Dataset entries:
========================================
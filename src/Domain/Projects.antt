-- ===== src/Domain/Projects.antt =====
-- src/domain.ts: registering a Project and enabling or disabling it.
use agent_task_orchestrator.Base.{
  Text, Bool, true, false, not, List, [], ◌∷◌, ◌++◌, if◌then◌else◌, same,
}
use agent_task_orchestrator.Domain.Errors.{
  ◌>>=◌, ◌>>◌, fail_if, require, domain_error, DomainErrorCode, DetailValue, DomainError,
  DomainResult,
}
use agent_task_orchestrator.Domain.Records.{Project, ProjectDomainMutation}
use agent_task_orchestrator.Domain.Value.{Value, get, identifier, truth, Unicode}
use agent_task_orchestrator.Domain.Encode.{snapshot_value}
use agent_task_orchestrator.Domain.Snapshot.{
  parse_snapshot, SnapshotValidationMode, project_of, is_defined,
}
use agent_task_orchestrator.Domain.Mutation.{invalid_input, project_mutation, parse_task_command}

abbrev pub about_project : DomainErrorCode → Text → DomainError
about_project code id = domain_error code (("projectId", DetailValue.text id) ∷ [])

-- `registerProjectUnchecked`
unfoldable pub register_project : ⦃u : Unicode⦄ → Value → Value → DomainResult ProjectDomainMutation
register_project snapshot_input command_input = do
  snapshot ← parse_snapshot snapshot_input SnapshotValidationMode.complete
  command ← parse_task_command command_input ("projectId" ∷ [])
  id ← identifier (get command "projectId") invalid_input
  fail_if (is_defined (project_of snapshot.projects id))
      (about_project DomainErrorCode.project_already_exists id)
  next ←
      parse_snapshot
        (snapshot_value (snapshot.projects ++ record { id = id; enabled = true } ∷ [])
          snapshot.tasks)
        SnapshotValidationMode.complete
  project_mutation next id

abbrev pub same_bool : Bool → Bool → Bool
same_bool true b = b
same_bool false b = not b

abbrev pub enable_in : Text → Bool → List Project → List Project
enable_in id enabled [] = []
enable_in id enabled (p ∷ ps) =
    (if same p.id id then record { id = id; enabled = enabled } else p) ∷ enable_in id enabled ps

-- `setProjectEnabledUnchecked`
unfoldable pub set_project_enabled :
    ⦃u : Unicode⦄ → Value → Value → DomainResult ProjectDomainMutation
set_project_enabled snapshot_input command_input = do
  snapshot ← parse_snapshot snapshot_input SnapshotValidationMode.complete
  command ← parse_task_command command_input ("projectId" ∷ "enabled" ∷ [])
  id ← identifier (get command "projectId") invalid_input
  enabled ← truth (get command "enabled") invalid_input
  project ←
      require (project_of snapshot.projects id) (about_project DomainErrorCode.project_not_found id)
  fail_if (same_bool project.enabled enabled) (about_project DomainErrorCode.no_op project.id)
  next ←
      parse_snapshot
        (snapshot_value (enable_in project.id enabled snapshot.projects) snapshot.tasks)
        SnapshotValidationMode.complete
  project_mutation next project.id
========================================
### Exercise description
Write the records again exactly as they stand.

### Task response
filename src/Domain/Projects.antt
-- ===== src/Domain/Projects.antt =====
-- src/domain.ts: registering a Project and enabling or disabling it.
use agent_task_orchestrator.Base.{
  Text, Bool, true, false, not, List, [], ◌∷◌, ◌++◌, if◌then◌else◌, same,
}
use agent_task_orchestrator.Domain.Errors.{
  ◌>>=◌, ◌>>◌, fail_if, require, domain_error, DomainErrorCode, DetailValue, DomainError,
  DomainResult,
}
use agent_task_orchestrator.Domain.Records.{Project, ProjectDomainMutation}
use agent_task_orchestrator.Domain.Value.{Value, get, identifier, truth, Unicode}
use agent_task_orchestrator.Domain.Encode.{snapshot_value}
use agent_task_orchestrator.Domain.Snapshot.{
  parse_snapshot, SnapshotValidationMode, project_of, is_defined,
}
use agent_task_orchestrator.Domain.Mutation.{invalid_input, project_mutation, parse_task_command}

abbrev pub about_project : DomainErrorCode → Text → DomainError
about_project code id = domain_error code (("projectId", DetailValue.text id) ∷ [])

-- `registerProjectUnchecked`
unfoldable pub register_project : ⦃u : Unicode⦄ → Value → Value → DomainResult ProjectDomainMutation
register_project snapshot_input command_input = do
  snapshot ← parse_snapshot snapshot_input SnapshotValidationMode.complete
  command ← parse_task_command command_input ("projectId" ∷ [])
  id ← identifier (get command "projectId") invalid_input
  fail_if (is_defined (project_of snapshot.projects id))
      (about_project DomainErrorCode.project_already_exists id)
  next ←
      parse_snapshot
        (snapshot_value (snapshot.projects ++ record { id = id; enabled = true } ∷ [])
          snapshot.tasks)
        SnapshotValidationMode.complete
  project_mutation next id

abbrev pub same_bool : Bool → Bool → Bool
same_bool true b = b
same_bool false b = not b

abbrev pub enable_in : Text → Bool → List Project → List Project
enable_in id enabled [] = []
enable_in id enabled (p ∷ ps) =
    (if same p.id id then record { id = id; enabled = enabled } else p) ∷ enable_in id enabled ps

-- `setProjectEnabledUnchecked`
unfoldable pub set_project_enabled :
    ⦃u : Unicode⦄ → Value → Value → DomainResult ProjectDomainMutation
set_project_enabled snapshot_input command_input = do
  snapshot ← parse_snapshot snapshot_input SnapshotValidationMode.complete
  command ← parse_task_command command_input ("projectId" ∷ "enabled" ∷ [])
  id ← identifier (get command "projectId") invalid_input
  enabled ← truth (get command "enabled") invalid_input
  project ←
      require (project_of snapshot.projects id) (about_project DomainErrorCode.project_not_found id)
  fail_if (same_bool project.enabled enabled) (about_project DomainErrorCode.no_op project.id)
  next ←
      parse_snapshot
        (snapshot_value (enable_in project.id enabled snapshot.projects) snapshot.tasks)
        SnapshotValidationMode.complete
  project_mutation next project.id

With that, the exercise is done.